WHAT THE TASK REQUIRES -
Copy the records below verbatim, from the first line through the line containing "pub belongs : owner_of w ≡ parent", inclusive, and output nothing else.

(Saved entries)
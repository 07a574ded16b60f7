-- ===== src/Shell/Sync/Complete.antt =====
-- A synchronization reports every window that it can reach.
use mathlib.Core.List.{Memᴰ}
use seamlessrdp.Base.{
  ◌≢◌, ap, codes, Bytes, Bool-cases, inl, inr, ℕ, ◌≡◌, refl, true, false, List, Option, none, some,
  if◌then◌else◌, arith,
}
use seamlessrdp.Shared.{hwnd_to_long}
use seamlessrdp.Hook.{Rect, create}
use seamlessrdp.Hook.Events.{is_console}
use seamlessrdp.Shell.Command.{equal}
use seamlessrdp.Shell.Command.Equal.{equal-true}
use seamlessrdp.Shell.Sync.{Listed, sent, parent_of, is_listed, announce, enum_windows, do_sync}
use seamlessrdp.Shell.Sync.Parents.{IsRanked}
use seamlessrdp.Shell.Sync.Met.{Met, met, inside, Sends, Met-Sends, Sends-sync}

-- The parent that a window's owner stands for: none but for a popup.
abbrev pub owner_of : Listed → ℕ
owner_of w = if w.style.popup then w.owner else 0

-- A visible window that is no console and belongs to `parent`.
pub record IsChild (parent : ℕ) (w : Listed) : Type 0 where
  pub visible : w.style.visible ≡ true
  pub windowed : w.class ≢ some (codes "ConsoleWindowClass")
  pub belongs : owner_of w ≡ parent

-- Such a window below `parent`, with the windows between them: all of them are such, and those between
-- have a rectangle.
pub data Below (all : List Listed) : ℕ → Listed → Type 0 where
  child : (parent : ℕ) (w : Listed) → Memᴰ w all → IsChild parent w → Below all parent w
  deeper :
      (parent : ℕ) (v w : Listed) (r : Rect)
      → Memᴰ v all
      → IsChild parent v
      → v.rect ≡ some r
      → Below all v.hwnd w
      → Below all parent w

no_console :
    (class : Option Bytes) → class ≢ some (codes "ConsoleWindowClass") → is_console class ≡ false
no_console none h = refl
no_console (some name) h = elim (Bool-cases (equal name (codes "ConsoleWindowClass"))) [
  | inl same ↦ absurd (h (ap some (equal-true name (codes "ConsoleWindowClass") same)))
  | inr other ↦ other
]

IsChild-is_listed : (parent : ℕ) (w : Listed) → IsChild parent w → is_listed parent w ≡ true
unfolding is_listed parent_of
IsChild-is_listed parent w c = ground (arith, c.visible, no_console w.class c.windowed, c.belongs)

Below-Met : (all : List Listed) (parent : ℕ) (w : Listed) → Below all parent w → Met all parent w
Below-Met all _ _ (child parent w at c) = met parent w at (IsChild-is_listed parent w c)
Below-Met all _ _ (deeper parent v w r at c e below) =
    inside parent v w r at (IsChild-is_listed parent v c) e (Below-Met all v.hwnd w below)

-- Where the windows have no cycle of parents, a synchronization sends the CREATE of every window that
-- is visible, no console and, as far as it is a popup, owned by NULL or by a window that is so too and
-- has a rectangle: with its process, its owner and whether it has a modal frame.
pub Sends-do_sync :
    (rank : ℕ → ℕ) (all : List Listed) (w : Listed)
    → IsRanked rank all
    → Below all 0 w
    → Sends
        (sent (
          create
            (hwnd_to_long w.hwnd)
            w.pid
            (hwnd_to_long (owner_of w))
            (if w.style.modalframe then 1 else 0)))
        (do_sync (rank 0) all)
unfolding do_sync announce parent_of
Sends-do_sync rank all w ranked below =
    Sends-sync (announce w) (enum_windows (rank 0) all 0 all)
      (Met-Sends rank (rank 0) all 0 w ranked (omega arith) (Below-Met all 0 w below))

YOUR RESPONSE -
repository 07a574ded16b60f7
-- ===== src/Shell/Sync/Complete.antt =====
-- A synchronization reports every window that it can reach.
use mathlib.Core.List.{Memᴰ}
use seamlessrdp.Base.{
  ◌≢◌, ap, codes, Bytes, Bool-cases, inl, inr, ℕ, ◌≡◌, refl, true, false, List, Option, none, some,
  if◌then◌else◌, arith,
}
use seamlessrdp.Shared.{hwnd_to_long}
use seamlessrdp.Hook.{Rect, create}
use seamlessrdp.Hook.Events.{is_console}
use seamlessrdp.Shell.Command.{equal}
use seamlessrdp.Shell.Command.Equal.{equal-true}
use seamlessrdp.Shell.Sync.{Listed, sent, parent_of, is_listed, announce, enum_windows, do_sync}
use seamlessrdp.Shell.Sync.Parents.{IsRanked}
use seamlessrdp.Shell.Sync.Met.{Met, met, inside, Sends, Met-Sends, Sends-sync}

-- The parent that a window's owner stands for: none but for a popup.
abbrev pub owner_of : Listed → ℕ
owner_of w = if w.style.popup then w.owner else 0

-- A visible window that is no console and belongs to `parent`.
pub record IsChild (parent : ℕ) (w : Listed) : Type 0 where
  pub visible : w.style.visible ≡ true
  pub windowed : w.class ≢ some (codes "ConsoleWindowClass")
  pub belongs : owner_of w ≡ parent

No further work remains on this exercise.